As an alternative you can use efibootmgr as instructed here to build the nvram with same syntax. efibootmgr -v allows you to see what's the other entries looks like.

9.4  With YaST

YaST is not always easy to manage, because it uses in the third tab (choosing the default menu entry) the previous osprober result, and osprober is only executed after the config is validated, so you have to make a "blank run" to update the boot entry list (the one of the grub menu), before being able to choose one...

AFAIK Yast knows only about the EFI/opensuse folder and NVRAM. I'm not sure how it manage EFI/opensuse, don't know if manual changes there are preserved upon updates, but any other /EFI folder is ignored.

YaST write the boot files (*.efi) to /boot/efi and complain if nothing is mounted there (good) - have to be the EFI partition, with it's first folder "EFI"...

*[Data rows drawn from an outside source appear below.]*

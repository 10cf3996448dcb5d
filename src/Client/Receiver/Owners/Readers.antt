-- ===== src/Client/Receiver/Owners/Readers.antt =====
-- cpp/client/receiver.cpp: each frame has one owner, whatever the reader calls, and at the start.
use remote_play.Prelude.{
  ℕ, zero, suc, ◌+◌, ◌-◌, ◌≡◌, ◌⊎◌, refl, ap, List, [], ◌∷◌, true, Option, none, some, arith, ltb,
  leb, ◌==◌, if◌then◌else◌, Bool-cases, Option-cases, inl, inr,
}
use remote_play.Common.PacketPool
use remote_play.Client.Receiver.Fragment.{put}
use remote_play.Client.Receiver.Fragment.Count.{count_set-none}
use remote_play.Client.Receiver.State.{Receiver, init, slot_of, return_to_pool, memb}
use remote_play.Client.Receiver.Reading.{
  frame_at, get_next_frame, hand_out, discard_frame, discard_frames, force_advance_to,
}
use remote_play.Client.Receiver.Owners.{count_in, count_in-absent, places, IsOwned}
use remote_play.Client.Receiver.Owners.Balance.{
  one_if, count_put, in_slot-memb, return_to_pool-places, return_to_pool-keeps,
}
use remote_play.Client.Receiver.Owners.Calls.{IsSame-IsOwned}

-- A frame of the ring is taken out of it.
frame_at-slot :
    (r : Receiver) (fid p : ℕ) → frame_at r fid ≡ some p → r.frame_ring (slot_of fid) ≡ some p
unfolding frame_at
frame_at-slot r fid p e = elim (Option-cases (r.frame_ring (slot_of fid))) [
  | inl empty ↦ absurd (none_there (rw (empty, frame_at) at e))
  | inr (q, there) ↦ here q there (rw (there, frame_at) at e)
]
  where
    here :
        (q : ℕ)
        → r.frame_ring (slot_of fid) ≡ some q
        → (if (r.frames q).frame_id == fid then some q else none) ≡ some p
        → r.frame_ring (slot_of fid) ≡ some p
    here q there k = ground arith

    none_there : ◌≡◌ {A = Option ℕ} none (some p) → ⊥
    none_there k = cc

hand_out-IsOwned :
    (held : List ℕ) (r : Receiver) (p : ℕ)
    → r.frame_ring (slot_of r.next_frame_id_to_read) ≡ some p
    → IsOwned held r
    → IsOwned (p ∷ held) (hand_out r p)
unfolding hand_out places count_in
hand_out-IsOwned held r p e own x =
    let s = slot_of r.next_frame_id_to_read in
    let moved = rw e at (count_put r.frame_ring s none x (omega arith)) in
    omega (arith, own x, moved)

pub get_next_frame-IsOwned :
    (held : List ℕ) (r : Receiver)
    → IsOwned held r
    → let (o, r') = get_next_frame r in
      ((o ≡ none) × IsOwned held r') ⊎ ((p : ℕ) × (o ≡ some p) × IsOwned (p ∷ held) r')
unfolding get_next_frame
get_next_frame-IsOwned held r own = elim (Option-cases (frame_at r r.next_frame_id_to_read)) [
  | inl e ↦ rw (e, get_next_frame) (inl (refl, own))
  | inr (p, e) ↦
      rw (e, get_next_frame)
        (elim (Bool-cases (r.frames p).is_complete) [
          | inr partly ↦ rw partly (inl (refl, own))
          | inl fully ↦ rw fully (
              inr (
                p,
                refl,
                hand_out-IsOwned held r p (frame_at-slot r r.next_frame_id_to_read p e) own,
              ))
        ])
]

to_pool-IsOwned :
    (held : List ℕ) (r : Receiver) (fid p : ℕ)
    → r.frame_ring (slot_of fid) ≡ some p
    → IsOwned held r
    → IsOwned held
        (record (return_to_pool r p) { frame_ring = put r.frame_ring (slot_of fid) none })
unfolding return_to_pool places count_in
to_pool-IsOwned held r fid p e own x =
    let absent = in_slot-memb held r (slot_of fid) p own (omega arith) e in
    let moved = rw e at (count_put r.frame_ring (slot_of fid) none x (omega arith)) in
    rw absent (omega (arith, own x, moved))

discard_frame-IsOwned :
    (held : List ℕ) (r : Receiver) (fid : ℕ) → IsOwned held r → IsOwned held (discard_frame r fid)
unfolding discard_frame
discard_frame-IsOwned held r fid own = elim (Option-cases (frame_at r fid)) [
  | inl e ↦ rw (e, discard_frame) own
  | inr (p, e) ↦ rw (e, discard_frame) (to_pool-IsOwned held r fid p (frame_at-slot r fid p e) own)
]

discard_frames-IsOwned :
    (held : List ℕ) (r : Receiver) (fid rounds : ℕ)
    → IsOwned held r
    → IsOwned held (discard_frames r fid rounds)
unfolding discard_frames
discard_frames-IsOwned held r fid zero own = own
discard_frames-IsOwned held r fid (suc rounds) own =
    discard_frames-IsOwned held (discard_frame r fid) (fid + 1) rounds
      (discard_frame-IsOwned held r fid own)

advanced-IsOwned :
    (held : List ℕ) (r : Receiver) (frame_id : ℕ)
    → IsOwned held r
    → IsOwned held (record r { next_frame_id_to_read = frame_id })
advanced-IsOwned held r frame_id own =
    IsSame-IsOwned held r (some (record r { next_frame_id_to_read = frame_id })) own (record {
      window = refl;
      frame_pool = refl;
      frame_ring = refl;
      frame_storage = refl;
      fec_ring = refl;
      fec_pool = refl;
    })

pub force_advance_to-IsOwned :
    (held : List ℕ) (r : Receiver) (frame_id : ℕ)
    → IsOwned held r
    → IsOwned held (force_advance_to r frame_id)
unfolding force_advance_to
force_advance_to-IsOwned held r frame_id own =
    elim (Bool-cases (leb frame_id r.next_frame_id_to_read)) [
      | inl back ↦ rw back own
      | inr ahead ↦ rw ahead (
          advanced-IsOwned held _ frame_id (
            discard_frames-IsOwned held r r.next_frame_id_to_read
              (frame_id - r.next_frame_id_to_read) own))
    ]

-- What the reader gives back goes to the pool.
unfoldable pub remove : ℕ → List ℕ → List ℕ
remove p [] = []
remove p (q ∷ qs) = if q == p then qs else q ∷ remove p qs

remove-count :
    (p x : ℕ) (qs : List ℕ)
    → memb p qs ≡ true
    → count_in x (remove p qs) + one_if (p == x) ≡ count_in x qs
unfolding remove count_in
remove-count p x [] e = cc
remove-count p x (q ∷ qs) e = ground (arith, remove-count p x qs)

pub give_back-IsOwned :
    (held : List ℕ) (r : Receiver) (p : ℕ)
    → memb p held ≡ true
    → IsOwned held r
    → IsOwned (remove p held) (return_to_pool r p)
unfolding places
give_back-IsOwned held r p e own x =
    let removed = remove-count p p held e in
    let absent =
      let mine = own p in count_in-absent p r.frame_pool (ground (arith, removed, mine)) in
    let (ring, storage) = return_to_pool-keeps r p in
    omega (
      arith,
      own x,
      remove-count p x held e,
      return_to_pool-places r p x absent,
      ap (λ n. one_if (ltb x n)) storage,
    )

pool-count : (n x : ℕ) → count_in x (PacketPool.init n) ≡ one_if (ltb x n)
unfolding count_in PacketPool.init
pool-count zero x = ground arith
pool-count (suc n) x = ground (arith, pool-count n x)

pub init-IsOwned : (n : ℕ) → IsOwned [] (init n)
unfolding init places
init-IsOwned n x = omega (arith, pool-count n x, count_set-none 64, nothing_held x)
  where
    nothing_held : (y : ℕ) → count_in y [] ≡ 0
    nothing_held y = unfold count_in in refl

I could test all that moving all the opensuse folder (under EFI) to a backup place then making YaST write them again.

I found here:


than for YaST to write every bit of info about boot system, one have to force it, changing the bootloader in the menu to anything else (no need to validate, reloading the menu do the trick) then back to grub2-efi. Changing any other option *is not enough*.

I think there should be an option "reload" of "force writing", because this trick is specially naked.